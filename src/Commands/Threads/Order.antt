-- ===== src/Commands/Threads/Order.antt =====
-- commands.rs: the sessions of threads that share the lock, against sessions one after the other.
use freematics_gui.Base.{
  ℕ, ◌==◌, ==_iff, ==_refl, Bool, true, false, Bool-cases, inl, inr, List, [], ◌∷◌, ◌++◌, map, none,
  some, ◌≡◌, refl, sym, ap, ◌∙◌,
}
use mathlib.Core.Path.{subst}
use mathlib.Core.List.{map-append}
use freematics_gui.Commands.Threads.{
  Work, access, finish, crash, Ending, returned, panicked, waiting, working, over, Process, update,
  ended, Step, acquire, refuse, work, release, panic, Reach, here, later, start, run, in_turn,
}

module _ {A : Type 0} (f : ℕ → A) (i : ℕ) (a : A) where
  pub update_same : update f i a i ≡ a
  update_same = rw (==_refl i) refl

  pub update_other : (j : ℕ) → (j == i) ≡ false → update f i a j ≡ f j
  update_other j e = rw e refl

  -- What stands at an index after an update is the new thing, or is old.
  update-cases :
      (C : ℕ → A → Type 0)
      → C i a
      → ((j : ℕ) → (j == i) ≡ false → C j (f j))
      → (j : ℕ) → C j (update f i a j)
  update-cases C new old j = elim (Bool-cases (j == i)) [
    | inl e ↦ rw e (subst (λ k. C k a) (sym ((==_iff j i).0 e)) new)
    | inr e ↦ rw e (old j e)
  ]

module _ {W A : Type 0} (works : ℕ → Work W A) where
  in_turn-append :
      (is : List ℕ) (i : ℕ) (w : W)
      → in_turn works (is ++ i ∷ []) w ≡ (
        (in_turn works is w).0 ++ (i, (run (works i) (in_turn works is w).1).0) ∷ [],
        (run (works i) (in_turn works is w).1).1,
      )
  unfolding in_turn
  in_turn-append [] i w = refl
  in_turn-append (j ∷ is) i w = rw (in_turn-append is i (run (works j) w).1) refl

  -- What the threads have done so far: the sessions that are over have run one after the other, and
  -- left the world `settled`; the thread that owns the lock is on its way from there.
  pub record Inv (w : W) (p : Process W A) : Type 0 where
    pub settled : W
    pub replayed : in_turn works (map (λ (s : ℕ × Ending A). s.0) p.served) w ≡ (p.served, settled)
    pub fresh : (i : ℕ) (m : Work W A) → p.threads i ≡ waiting m → m ≡ works i
    pub unique : (i : ℕ) (m : Work W A) → p.threads i ≡ working m → p.owner ≡ some i
    pub free : p.owner ≡ none → p.world ≡ settled
    pub held :
        (i : ℕ)
        → p.owner ≡ some i
        → (m : Work W A) × (p.threads i ≡ working m) × (run m p.world ≡ run (works i) settled)
    pub closed : p.poisoned ≡ true → p.owner ≡ none

  one_owner :
      {w : W} {p : Process W A} (inv : Inv w p) (i j : ℕ) (m n : Work W A)
      → p.threads i ≡ working m
      → p.threads j ≡ working n
      → (j == i) ≡ false
      → ⊥
  one_owner inv i j m n at_i at_j other =
      let owns_i = inv.unique i m at_i in
      let owns_j = inv.unique j n at_j in
      let same : i ≡ j = cc in let differ : (j == j) ≡ false = rw same at other in cc (==_refl j)

  start-Inv : (w : W) → Inv w (start works w)
  unfolding in_turn
  start-Inv w = record {
    settled = w;
    replayed = refl;
    fresh = λ i m e. cc;
    unique = λ i m e. cc;
    free = λ e. refl;
    held = λ i e. cc;
    closed = λ e. refl;
  }

  -- The histories of the sessions that are over, with one more.
  replayed-ended :
      (served : List (ℕ × Ending A)) (i : ℕ) (e : Ending A) (w settled w' : W)
      → in_turn works (map (λ (s : ℕ × Ending A). s.0) served) w ≡ (served, settled)
      → run (works i) settled ≡ (e, w')
      → in_turn works (map (λ (s : ℕ × Ending A). s.0) (served ++ (i, e) ∷ [])) w
        ≡ (served ++ (i, e) ∷ [], w')
  replayed-ended served i e w settled w' h k =
      rw
        (
          map-append (λ (s : ℕ × Ending A). s.0) served ((i, e) ∷ []),
          in_turn-append (map (λ (s : ℕ × Ending A). s.0) served) i w,
          h,
          k,
        )
        refl

  -- A session that ends leaves its world settled.
  ended-Inv :
      (w : W) (p : Process W A) (i : ℕ) (m : Work W A) (e : Ending A) (poison : Bool)
      → Inv w p
      → p.threads i ≡ working m
      → run m p.world ≡ (e, p.world)
      → Inv w (ended p i e poison)
  ended-Inv w p i m e poison inv at result =
      let (m', at', same) = inv.held i (inv.unique i m at) in
      let equal : m' ≡ m = cc in
      record {
        settled = p.world;
        replayed =
            replayed-ended p.served i e w inv.settled p.world inv.replayed
              (sym same ∙ ap (λ x. run x p.world) equal ∙ result);
        fresh =
            update-cases p.threads i (over e) (λ j t. (n : Work W A) → t ≡ waiting n → n ≡ works j)
              (λ n q. cc) (λ j other. inv.fresh j);
        unique =
            update-cases p.threads i (over e)
              (λ j t. (n : Work W A) → t ≡ working n → none ≡ some j) (λ n q. cc)
              (λ j other n q. absurd (one_owner inv i j m n at q other));
        free = λ q. refl;
        held = λ j q. cc;
        closed = λ q. refl;
      }

  pub Step-Inv : {w : W} {p q : Process W A} → Step p q → Inv w p → Inv w q
  unfolding run
  Step-Inv {w} {p} (acquire i m at free clean) inv = record {
    settled = inv.settled;
    replayed = inv.replayed;
    fresh =
        update-cases p.threads i (working m) (λ j t. (n : Work W A) → t ≡ waiting n → n ≡ works j)
          (λ n q. cc) (λ j other. inv.fresh j);
    unique =
        update-cases p.threads i (working m)
          (λ j t. (n : Work W A) → t ≡ working n → some i ≡ some j) (λ n q. refl)
          (λ j other n q. let owns = inv.unique j n q in cc);
    free = λ q. cc;
    held = λ j q.
        let same : i ≡ j = cc in
        rw (← same) (
          m,
          update_same p.threads i (working m),
          ap (λ n. run n p.world) (inv.fresh i m at) ∙ ap (run (works i)) (inv.free free),
        );
    closed = λ q. cc;
  }
  Step-Inv {w} {p} (refuse i m at free poisoned) inv = record {
    settled = inv.settled;
    replayed = inv.replayed;
    fresh =
        update-cases p.threads i _ (λ j t. (n : Work W A) → t ≡ waiting n → n ≡ works j) (λ n q. cc)
          (λ j other. inv.fresh j);
    unique =
        update-cases p.threads i _ (λ j t. (n : Work W A) → t ≡ working n → p.owner ≡ some j)
          (λ n q. cc) (λ j other. inv.unique j);
    free = inv.free;
    held = λ j q. cc;
    closed = inv.closed;
  }
  Step-Inv {w} {p} (work i f k at) inv =
      let owns = inv.unique i (access f k) at in
      record {
        settled = inv.settled;
        replayed = inv.replayed;
        fresh =
            update-cases p.threads i (working (k p.world))
              (λ j t. (n : Work W A) → t ≡ waiting n → n ≡ works j) (λ n q. cc)
              (λ j other. inv.fresh j);
        unique =
            update-cases p.threads i (working (k p.world))
              (λ j t. (n : Work W A) → t ≡ working n → p.owner ≡ some j) (λ n q. owns)
              (λ j other. inv.unique j);
        free = λ q. cc;
        held = λ j q.
            let same : i ≡ j = cc in
            let (m, at', e) = inv.held i owns in
            let equal : m ≡ access f k = cc in
            rw (← same) (
              k p.world,
              update_same p.threads i (working (k p.world)),
              sym (ap (λ n. run n p.world) equal) ∙ e,
            );
        closed = λ q. let none_owns = inv.closed q in cc;
      }
  Step-Inv {w} {p} (release i r ends at) inv =
      ended-Inv w p i (finish r) (returned r) p.poisoned inv at refl
  Step-Inv {w} {p} (panic i at) inv = ended-Inv w p i crash panicked true inv at refl

  pub Reach-Inv : (w : W) {p : Process W A} → Reach (start works w) p → Inv w p
  Reach-Inv w here = start-Inv w
  Reach-Inv w (later r s) = Step-Inv s (Reach-Inv w r)

  -- Two threads are never in a session at once.
  pub mutual_exclusion :
      (w : W) (p : Process W A)
      → Reach (start works w) p
      → (i j : ℕ) (m n : Work W A) → p.threads i ≡ working m
      → p.threads j ≡ working n
      → i ≡ j
  mutual_exclusion w p r i j m n at_i at_j =
      let inv = Reach-Inv w r in
      let owns_i = inv.unique i m at_i in let owns_j = inv.unique j n at_j in cc

  -- However the threads are interleaved: whenever no session is under way, the world and the endings
  -- of the sessions so far are those of running these one after the other, each in one piece.
  pub sessions_in_turn :
      (w : W) (p : Process W A)
      → Reach (start works w) p
      → p.owner ≡ none
      → in_turn works (map (λ (s : ℕ × Ending A). s.0) p.served) w ≡ (p.served, p.world)
  sessions_in_turn w p r free =
      let inv = Reach-Inv w r in inv.replayed ∙ ap (λ v. (p.served, v)) (sym (inv.free free))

::::

- YOUR ASSIGNMENT: Find each line in the records holding the string "finish" and show it.

- EXERCISE ANSWER:
  Work, access, finish, crash, Ending, returned, panicked, waiting, working, over, Process, update,
      ended-Inv w p i (finish r) (returned r) p.poisoned inv at refl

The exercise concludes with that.